The boot code contains a subset of the Pascal code to read blocks and also simplified code to scan a Pascal directory so that it can find the interpreter file.
Developer boot code
It appears that versions 1.0, 1.1 and 1.2 all used the same boot loader, while 1.3 used a new loader.
The main functional difference between the 1.3 boot loader and the previous ones is that the newer one supported booting from slots 4, 5 or 6, rather than only slot 6 as had been the case previously.

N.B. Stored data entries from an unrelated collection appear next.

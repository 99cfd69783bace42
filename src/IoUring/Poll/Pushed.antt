-- ===== src/IoUring/Poll/Pushed.antt =====
-- The recvs that a push adds, and what a push leaves alone.
use polaris_trade.Base.{
  ℕ, suc, ◌+◌, ◌≡◌, ◌∙◌, refl, ap, Bool, Option, List, if◌then◌else◌, length, take, arith,
  Bool-cases, Option-cases, inl, inr,
}
use polaris_trade.Base.Result.{ok, err, Result-cases}
use polaris_trade.IoUring.Driver.{Fleet, RecvPath}
use polaris_trade.IoUring.Driver.Provide.{provide_runs}
use polaris_trade.IoUring.Requests.{Contracts, finals}
use polaris_trade.IoUring.Poll.{
  Entry, recv, recv_multi, async_cancel, provide_buffers, IoUring, UringDriver, Answer, is_retried,
  id16, enter, push_entry, hand_over,
}
use polaris_trade.IoUring.Poll.Kept.{provide_fuel-keeps}

-- The recvs that an entry arms.
abbrev pub arms : Entry → ℕ
arms recv = 1
arms recv_multi = 1
arms async_cancel = 0
arms (provide_buffers first run) = 0

-- What the ring promises: `owed` counts the recvs that are queued or with the kernel, until their last completion is
-- read. Only a recv that is pushed adds to them.
pub record Ledger {R : Type 0} (kernel : IoUring R) (more : ℕ → Bool) (buffer_select : ℕ → Option ℕ)
    (path : RecvPath) (owed : R → ℕ) : Type 0 where
  pub push_owed :
      (r : R) (entry : Entry)
      → owed (kernel.push r entry).1 ≡ owed r + (if (kernel.push r entry).0 then arms entry else 0)
  pub submit_owed : (r : R) → owed (kernel.submit r).1 ≡ owed r
  pub contracts : (r : R) → Contracts more buffer_select path (kernel.completions r)
  pub read_owed :
      (r : R) (n : ℕ)
      → owed (kernel.advance r n) + finals more buffer_select (take n (kernel.completions r))
        ≡ owed r

-- What an answer to a push says of the recvs.
abbrev pub pushed_by : Answer → Entry → ℕ
pushed_by (ok u) entry = arms entry
pushed_by (err e) entry = 0

module _ {R : Type 0} (kernel : IoUring R) (more : ℕ → Bool) (buffer_select : ℕ → Option ℕ)
    (path : RecvPath) (owed : R → ℕ) (ledger : Ledger kernel more buffer_select path owed) where
  -- From `d` to `d'` recvs were pushed, `n` of them, and nothing changed that the fleet hangs on.
  pub record Pushed (n : ℕ) (d d' : UringDriver R) : Type 0 where
    pub same_fleet : d'.uring.fleet ≡ d.uring.fleet
    pub same_back : d'.uring.back ≡ d.uring.back
    pub same_path : d'.uring.path ≡ d.uring.path
    pub more_owed : owed d'.ring ≡ owed d.ring + n

  pub enter-Pushed : (d : UringDriver R) → Pushed 0 d (enter kernel d).1
  unfolding enter
  enter-Pushed d =
      let still =
        λ (d' : UringDriver R) (f : d'.uring.fleet ≡ d.uring.fleet)
            (b : d'.uring.back ≡ d.uring.back) (p : d'.uring.path ≡ d.uring.path)
            (o : owed d'.ring ≡ owed d.ring).
          the_pushed d' f b p (omega (arith, o)) in
      elim (Result-cases (kernel.submit d.ring).0) [
        | inl (u, e) ↦ rw (e, enter) (still _ refl refl refl (ledger.submit_owed d.ring))
        | inr (x, e) ↦ elim (Bool-cases (is_retried x.raw_os_error)) [
          | inl retried ↦
              rw (e, retried, enter) (still _ refl refl refl (ledger.submit_owed d.ring))
          | inr bad ↦ rw (e, bad, enter) (still _ refl refl refl (ledger.submit_owed d.ring))
        ]
      ]
    where
      the_pushed :
          (d' : UringDriver R)
          → d'.uring.fleet ≡ d.uring.fleet
          → d'.uring.back ≡ d.uring.back
          → d'.uring.path ≡ d.uring.path
          → owed d'.ring ≡ owed d.ring + 0
          → Pushed 0 d d'
      the_pushed d' f b p o = record { same_fleet = f; same_back = b; same_path = p; more_owed = o }

  pub push_entry-Pushed :
      (entry : Entry) (d : UringDriver R)
      → let (answer, d') = push_entry kernel entry d in Pushed (pushed_by answer entry) d d'
  unfolding push_entry
  push_entry-Pushed entry d =
      let first = kernel.push d.ring entry in
      let d₁ : UringDriver R = record d { ring = first.1 } in
      let e = enter-Pushed d₁ in
      let d₂ = (enter kernel d₁).1 in
      let again = kernel.push d₂.ring entry in
      let now = ledger.push_owed d.ring entry in
      let then_ = ledger.push_owed d₂.ring entry in
      elim (Bool-cases first.0) [
        | inl fits ↦
            let count : owed first.1 ≡ owed d.ring + arms entry =
              now ∙ ap (λ b. owed d.ring + (if b then arms entry else 0)) fits in
            rw (fits, push_entry)
              (record { same_fleet = refl; same_back = refl; same_path = refl; more_owed = count })
        | inr full ↦
            let same : owed first.1 ≡ owed d.ring + 0 =
              now ∙ ap (λ b. owed d.ring + (if b then arms entry else 0)) full in
            elim (Result-cases (enter kernel d₁).0) [
              | inr (x, fails) ↦
                  rw (full, fails, push_entry)
                    (record {
                      same_fleet = e.same_fleet;
                      same_back = e.same_back;
                      same_path = e.same_path;
                      more_owed = omega (arith, e.more_owed, same);
                    })
              | inl (u, entered) ↦ elim (Bool-cases again.0) [
                | inl fits ↦
                    let count : owed again.1 ≡ owed d₂.ring + arms entry =
                      then_ ∙ ap (λ b. owed d₂.ring + (if b then arms entry else 0)) fits in
                    rw (full, entered, fits, push_entry)
                      (record {
                        same_fleet = e.same_fleet;
                        same_back = e.same_back;
                        same_path = e.same_path;
                        more_owed = omega (arith, e.more_owed, same, count);
                      })
                | inr still ↦
                    let count : owed again.1 ≡ owed d₂.ring + 0 =
                      then_ ∙ ap (λ b. owed d₂.ring + (if b then arms entry else 0)) still in
                    rw (full, entered, still, push_entry)
                      (record {
                        same_fleet = e.same_fleet;
                        same_back = e.same_back;
                        same_path = e.same_path;
                        more_owed = omega (arith, e.more_owed, same, count);
                      })
              ]
            ]
      ]

  -- Buffers are no recvs.
  abbrev pub view : UringDriver R → Fleet × List ℕ × RecvPath × ℕ
  view d = (d.uring.fleet, d.uring.back, d.uring.path, owed d.ring)

  provide-view :
      (first run : ℕ) (d : UringDriver R)
      → view (push_entry kernel (provide_buffers first run) d).1 ≡ view d
  provide-view first run d =
      let p = push_entry-Pushed (provide_buffers first run) d in
      by_answer (push_entry kernel (provide_buffers first run) d).0 p
    where
      d' : UringDriver R
      d' = (push_entry kernel (provide_buffers first run) d).1

      by_answer :
          (answer : Answer)
          → Pushed (pushed_by answer (provide_buffers first run)) d d'
          → view d' ≡ view d
      by_answer (ok u) p =
          let count : owed d'.ring ≡ owed d.ring = omega (arith, p.more_owed) in
          cc (p.same_fleet, p.same_back, p.same_path, count)
      by_answer (err e) p =
          let count : owed d'.ring ≡ owed d.ring = omega (arith, p.more_owed) in
          cc (p.same_fleet, p.same_back, p.same_path, count)

  pub hand_over-view :
      (sort : List ℕ → List ℕ) (base : ℕ) (d : UringDriver R) (back : List ℕ)
      → view (hand_over kernel sort base d back).1 ≡ view d
  unfolding hand_over provide_runs
  hand_over-view sort base d back = elim (Option-cases d.buf_ring) [
    | inr (ring, e) ↦ rw (e, hand_over) refl
    | inl e ↦
        rw (e, hand_over)
          (provide_fuel-keeps
            (λ t first run. push_entry kernel (provide_buffers (id16 first) (id16 run)) t) view
            (λ t first run. provide-view (id16 first) (id16 run) t) (suc (length (sort back))) d
            (sort back))
  ]
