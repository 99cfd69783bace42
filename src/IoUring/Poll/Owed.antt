-- ===== src/IoUring/Poll/Owed.antt =====
-- The recvs that the kernel has, against the count that the fleet keeps, behind `poll_frames`.
use polaris_trade.Base.{
  ℕ, zero, suc, ◌+◌, ◌-◌, ◌≡◌, ◌⊎◌, ◌∙◌, refl, sym, ap, subst, Bool, true, false, not, ◌&&◌, Option,
  List, [], ◌++◌, ltb, ◌==◌, if◌then◌else◌, length, take, arith, Bool-cases, inl, inr, take-append,
}
use polaris_trade.Base.Result.{Result, Result-cases}
use polaris_trade.Transport.Error.{TransportError, IoErrorKind}
use polaris_trade.Transport.Batch.{FrameBatch}
use polaris_trade.Transport.IndexPool.{IndexFrame, drain_freed}
use polaris_trade.IoUring.Driver.{
  Fleet, Cqe, RecvPath, legacy, buf_ring, multishot, Uring, complete, wanted, refilled,
}
use polaris_trade.IoUring.Requests.{Contracts, finals}
use polaris_trade.IoUring.Poll.{
  IoUring, UringDriver, push_entry, hand_over, give_back, request_of, arm_from, submit_if_needed,
  refill_kernel, poll_uring,
}
use polaris_trade.IoUring.Poll.Counted.{starved_by, complete-Counted}
use polaris_trade.IoUring.Poll.Pushed.{
  Ledger, Pushed, pushed_by, arms, enter-Pushed, push_entry-Pushed, hand_over-view,
}

module _ {R : Type 0} (kernel : IoUring R) (more : ℕ → Bool) (buffer_select : ℕ → Option ℕ)
    (path : RecvPath) (owed : R → ℕ) (ledger : Ledger kernel more buffer_select path owed) where
  -- The count of the fleet is that of the recvs.
  abbrev pub IsCounted : UringDriver R → Type 0
  IsCounted d = owed d.ring ≡ d.uring.fleet.armed

  -- From `d` to `d'` the count is kept, and with it what else the fleet hangs on, but for the starved gate.
  record Keeps (d d' : UringDriver R) : Type 0 where
    counted : IsCounted d'
    same_path : d'.uring.path ≡ d.uring.path

  refilled-starved :
      (f : Fleet) (n : ℕ) → (refilled f n).starved ≡ (if ltb 0 n then false else f.starved)
  refilled-starved f n = ground arith

  refilled-armed : (f : Fleet) (n : ℕ) → (refilled f n).armed ≡ f.armed
  refilled-armed f n = ground arith

  -- The gate, when the slots on `back` were `before` and are `after`.
  abbrev pub gate : ℕ → ℕ → Bool → Bool
  gate before after starved = if ltb 0 (before - after) then false else starved

  give_back-owed :
      (sort : List ℕ → List ℕ) (base : ℕ) (d : UringDriver R)
      → IsCounted d
      → let d' = (give_back kernel sort base d).1 in
        Keeps d d'
        × (owed d'.ring ≡ owed d.ring)
        × (d'.uring.fleet.starved
            ≡ gate (length d.uring.back) (length d'.uring.back) d.uring.fleet.starved)
  unfolding give_back
  give_back-owed sort base d counted =
      let taken : UringDriver R = record d { uring = record d.uring { back = [] } } in
      let same =
        hand_over-view kernel more buffer_select path owed ledger sort base taken d.uring.back in
      let handed = hand_over kernel sort base taken d.uring.back in
      let n = length d.uring.back - length handed.2 in
      let fleet = ap (λ (v : Fleet × List ℕ × RecvPath × ℕ). v.0) same in
      let owes = ap (λ (v : Fleet × List ℕ × RecvPath × ℕ). v.3) same in
      elim (Bool-cases (length d.uring.back == 0)) [
        | inl idle_back ↦
            let shut : gate (length d.uring.back) (length d.uring.back) d.uring.fleet.starved
                ≡ d.uring.fleet.starved =
              ground arith in
            rw (idle_back, give_back)
              (record { counted = counted; same_path = refl }, refl, sym shut)
        | inr some_back ↦
            rw (some_back, give_back)
              (
                record {
                  counted =
                      owes
                      ∙ counted
                      ∙ sym (
                          refilled-armed handed.1.uring.fleet n
                          ∙ ap (λ (f : Fleet). f.armed) fleet);
                  same_path = ap (λ (v : Fleet × List ℕ × RecvPath × ℕ). v.2) same;
                },
                owes,
                refilled-starved handed.1.uring.fleet n
                    ∙ ap (λ b. if ltb 0 n then false else b) (ap (λ (f : Fleet). f.starved) fleet),
              )
      ]

  arms-request_of : (p : RecvPath) → arms (request_of p) ≡ 1
  arms-request_of legacy = refl
  arms-request_of buf_ring = refl
  arms-request_of multishot = refl

  arm_from-owed :
      (n : ℕ) (d : UringDriver R)
      → IsCounted d
      → let d' = (arm_from kernel n d).1 in
        Keeps d d'
        × (d'.uring.fleet.starved ≡ d.uring.fleet.starved)
        × (d'.uring.back ≡ d.uring.back)
  unfolding arm_from
  arm_from-owed zero d counted = (record { counted = counted; same_path = refl }, refl, refl)
  arm_from-owed (suc n) d counted =
      let entry = request_of d.uring.path in
      let step = push_entry kernel entry d in
      let d₁ : UringDriver R = record step.1 {
        uring = record step.1.uring {
          fleet = record step.1.uring.fleet { armed = step.1.uring.fleet.armed + 1 };
        };
      } in
      let p = push_entry-Pushed kernel more buffer_select path owed ledger entry d in
      let armed = ap (λ (f : Fleet). f.armed) p.same_fleet in
      let starved = ap (λ (f : Fleet). f.starved) p.same_fleet in
      let one = arms-request_of d.uring.path in
      elim (Result-cases step.0) [
        | inr (x, fails) ↦
            let none_owed : owed step.1.ring ≡ owed d.ring + 0 =
              p.more_owed ∙ ap (λ a. owed d.ring + pushed_by a entry) fails in
            rw (fails, arm_from)
              (
                record { counted = omega (arith, none_owed, armed); same_path = p.same_path },
                starved,
                p.same_back,
              )
        | inl (u, works) ↦
            let one_owed : owed step.1.ring ≡ owed d.ring + arms entry =
              p.more_owed ∙ ap (λ a. owed d.ring + pushed_by a entry) works in
            let (keeps, gate_kept, back) =
              arm_from-owed n d₁ (omega (arith, one_owed, armed, one)) in
            rw (works, arm_from)
              (
                record { counted = keeps.counted; same_path = keeps.same_path ∙ p.same_path },
                gate_kept ∙ starved,
                back ∙ p.same_back,
              )
      ]

  submit-Pushed :
      (d : UringDriver R)
      → Pushed kernel more buffer_select path owed ledger 0 d (submit_if_needed kernel d).1
  unfolding submit_if_needed
  submit-Pushed d =
      elim (Bool-cases (kernel.sq_is_empty d.ring && not (kernel.cq_overflow d.ring))) [
        | inl quiet ↦
            rw (quiet, submit_if_needed)
              (record {
                same_fleet = refl;
                same_back = refl;
                same_path = refl;
                more_owed = omega arith;
              })
        | inr busy ↦
            rw (busy, submit_if_needed) (enter-Pushed kernel more buffer_select path owed ledger d)
      ]

  -- A refill keeps the count; it opens the starved gate only if a slot was handed over, and while that is shut it pushes
  -- no recv.
  pub record Refilled (d d' : UringDriver R) : Type 0 where
    pub counted : IsCounted d'
    pub same_path : d'.uring.path ≡ d.uring.path
    pub starved :
        d'.uring.fleet.starved
        ≡ gate (length d.uring.back) (length d'.uring.back) d.uring.fleet.starved
    pub shut : (d'.uring.fleet.starved ≡ false) ⊎ (owed d'.ring ≡ owed d.ring)

  pub refill_kernel-owed :
      (sort : List ℕ → List ℕ) (base : ℕ) (d : UringDriver R)
      → IsCounted d
      → Refilled d (refill_kernel kernel sort base d).1
  unfolding refill_kernel arm_from
  refill_kernel-owed sort base d counted =
      let given = give_back kernel sort base d in
      let (keeps, owes, open_gate) = give_back-owed sort base d counted in
      let n = wanted given.1.uring.fleet in
      let out = arm_from kernel n given.1 in
      let (keeps', gate_kept, back) = arm_from-owed n given.1 keeps.counted in
      let s = submit-Pushed out.1 in
      let starved : out.1.uring.fleet.starved
          ≡ gate (length d.uring.back) (length out.1.uring.back) d.uring.fleet.starved =
        gate_kept
        ∙ open_gate
        ∙ ap (λ xs. gate (length d.uring.back) (length xs) d.uring.fleet.starved) (sym back) in
      let shut : (out.1.uring.fleet.starved ≡ false) ⊎ (owed out.1.ring ≡ owed d.ring) =
        elim (Bool-cases given.1.uring.fleet.starved) [
          | inr open_now ↦ inl (gate_kept ∙ open_now)
          | inl closed ↦ inr (closed_still given.1 closed ∙ owes)
        ] in
      elim (Result-cases given.0) [
        | inr (x, fails) ↦
            rw (fails, refill_kernel)
              (record {
                counted = keeps.counted;
                same_path = keeps.same_path;
                starved = open_gate;
                shut = inr owes;
              })
        | inl (u, works) ↦ elim (Result-cases out.0) [
          | inr (y, fails) ↦
              rw (works, fails, refill_kernel)
                (record {
                  counted = keeps'.counted;
                  same_path = keeps'.same_path ∙ keeps.same_path;
                  starved = starved;
                  shut = shut;
                })
          | inl (v, armed_all) ↦
              rw (works, armed_all, refill_kernel)
                (record {
                  counted = omega (
                    arith,
                    s.more_owed,
                    keeps'.counted,
                    ap (λ (f : Fleet). f.armed) s.same_fleet,
                  );
                  same_path = s.same_path ∙ keeps'.same_path ∙ keeps.same_path;
                  starved =
                      ap (λ (f : Fleet). f.starved) s.same_fleet
                      ∙ starved
                      ∙ ap (λ xs. gate (length d.uring.back) (length xs) d.uring.fleet.starved)
                          (sym s.same_back);
                  shut = elim shut [
                    | inl open_now ↦ inl (ap (λ (f : Fleet). f.starved) s.same_fleet ∙ open_now)
                    | inr same ↦ inr (omega (arith, s.more_owed, same))
                  ];
                })
        ]
      ]
    where
      closed_still :
          (d : UringDriver R)
          → d.uring.fleet.starved ≡ true
          → owed (arm_from kernel (wanted d.uring.fleet) d).1.ring ≡ owed d.ring
      closed_still d closed = rw (closed, arm_from) refl

  module _ (kind_of : ℕ → IoErrorKind) where
    -- The round over the completions, at the start of `poll_frames`.
    abbrev pub completed :
        UringDriver R
        → FrameBatch IndexFrame
        → Result TransportError ℕ × Uring × FrameBatch IndexFrame × ℕ
    completed d out =
        let (pool, back) = drain_freed d.uring.pool d.uring.back in
        complete more buffer_select kind_of (record d.uring { pool = pool; back = back }) out 0 0
          (kernel.completions d.ring)

    -- From `d` to `d'`, with what was read: `seen`.
    pub record Recounts (d : UringDriver R) (out : FrameBatch IndexFrame) (d' : UringDriver R)
        : Type 0 where
      pub seen : List Cqe
      pub rest : List Cqe
      pub split : kernel.completions d.ring ≡ seen ++ rest
      pub counted : IsCounted d'
      pub same_path : d'.uring.path ≡ d.uring.path
      pub starved :
          d'.uring.fleet.starved
          ≡ gate
              (length (completed d out).1.back)
              (length d'.uring.back)
              (starved_by d.uring.fleet.starved seen)
      pub shut :
          (d'.uring.fleet.starved ≡ false)
          ⊎ (owed d'.ring + finals more buffer_select seen ≡ owed d.ring)

    poll_uring-refill :
        (sort : List ℕ → List ℕ) (base : ℕ) (d : UringDriver R) (out : FrameBatch IndexFrame)
        → (poll_uring kernel more buffer_select kind_of sort base d out).1
          ≡ (refill_kernel kernel sort base (record d {
            ring = kernel.advance d.ring (completed d out).3;
            uring = (completed d out).1;
          })).1
    unfolding poll_uring
    poll_uring-refill sort base d out =
        let (answer, u', out', taken) = completed d out in
        let refill =
          refill_kernel kernel sort base
            (record d { ring = kernel.advance d.ring taken; uring = u' }) in
        elim (Result-cases answer) [
          | inr (x, fails) ↦ rw (fails, poll_uring) refl
          | inl (pushed, works) ↦ elim (Result-cases refill.0) [
            | inr (x, fails) ↦ rw (works, fails, poll_uring) refl
            | inl (v, good) ↦ rw (works, good, poll_uring) refl
          ]
        ]

    pub poll_uring-Recounts :
        (sort : List ℕ → List ℕ) (base : ℕ) (d : UringDriver R) (out : FrameBatch IndexFrame)
        → d.uring.path ≡ path
        → IsCounted d
        → Recounts d out (poll_uring kernel more buffer_select kind_of sort base d out).1
    poll_uring-Recounts sort base d out on counted =
        let (answer, u', out', taken) = completed d out in
        let (pool, back) = drain_freed d.uring.pool d.uring.back in
        let u : Uring = record d.uring { pool = pool; back = back } in
        let cqes = kernel.completions d.ring in
        let d₁ : UringDriver R = record d { ring = kernel.advance d.ring taken; uring = u' } in
        let c =
          complete-Counted more buffer_select kind_of u out 0 0 cqes
            (subst (λ p. Contracts more buffer_select p cqes) (sym on) (ledger.contracts d.ring)) in
        let took : taken ≡ length c.seen = omega (arith, c.took) in
        let prefix : take taken cqes ≡ c.seen =
          ap (λ n. take n cqes) took
          ∙ ap (take (length c.seen)) c.split
          ∙ take-append c.seen c.rest in
        let read : owed d₁.ring + finals more buffer_select c.seen ≡ owed d.ring =
          ap (λ cs. owed d₁.ring + finals more buffer_select cs) (sym prefix)
          ∙ ledger.read_owed d.ring taken in
        let r = refill_kernel-owed sort base d₁ (omega (arith, read, counted, c.armed)) in
        subst (Recounts d out) (sym (poll_uring-refill sort base d out)) (record {
          seen = c.seen;
          rest = c.rest;
          split = c.split;
          counted = r.counted;
          same_path = r.same_path ∙ c.same_path;
          starved =
              r.starved
              ∙ ap
                  (λ b.
                    gate (length u'.back) (length (refill_kernel kernel sort base d₁).1.uring.back)
                      b)
                  c.starved;
          shut = elim r.shut [
            | inl open_now ↦ inl open_now
            | inr same ↦ inr (omega (arith, same, read))
          ];
        })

Once the 1.3 boot code has loaded the interpreter, it adjusts the internal DISKNUM
table in memory to match the drive sequence:
Pascal Unit# | Slot 4 boot | Slot 5 boot | Slot 6 boot |
---|---|---|---|
4 | 4 (S4, D1) | 2 (S5, D1) | 0 (S6, D1) |
5 | 5 (S4, D2) | 3 (S5, D2) | 1 (S6, D2) |
9 | 0 (S6, D1) | 4 (S4, D1) | 4 (S4, D1) |
10 | 1 (S6, D2) | 5 (S4, D2) | 5 (S4, D2) |
11 | 2 (S5, D1) | 0 (S6, D1) | 2 (S5, D1) |
12 | 3 (S5, D2) | 1 (S6, D2) | 3 (S5, D2) |
All of the boot loaders do the same thing as far as load addresses are concerned.
The file (SYSTEM.APPLE) is always 16k long, no matter which version or flavor.
The first $3000 bytes are loaded into the LC RAM and bank 2, from $D000-$FFFF. The remaining $1000 bytes are loaded into bank 1 from $D000-$DFFF.
48k runtime boot code
The 48k runtime version(s?) used a completely different boot loader to the development flavor.
To date I have only been able to find a version 1.1 48k runtime interpreter, so I am not sure what other versions (if they existed) did.
For 1.1, the boot code loads the entire RTSTRP.APPLE directly into memory starting at $9200. While the file is 12k long, it only loads $2d sectors, so it occupies $9200-$BFFF.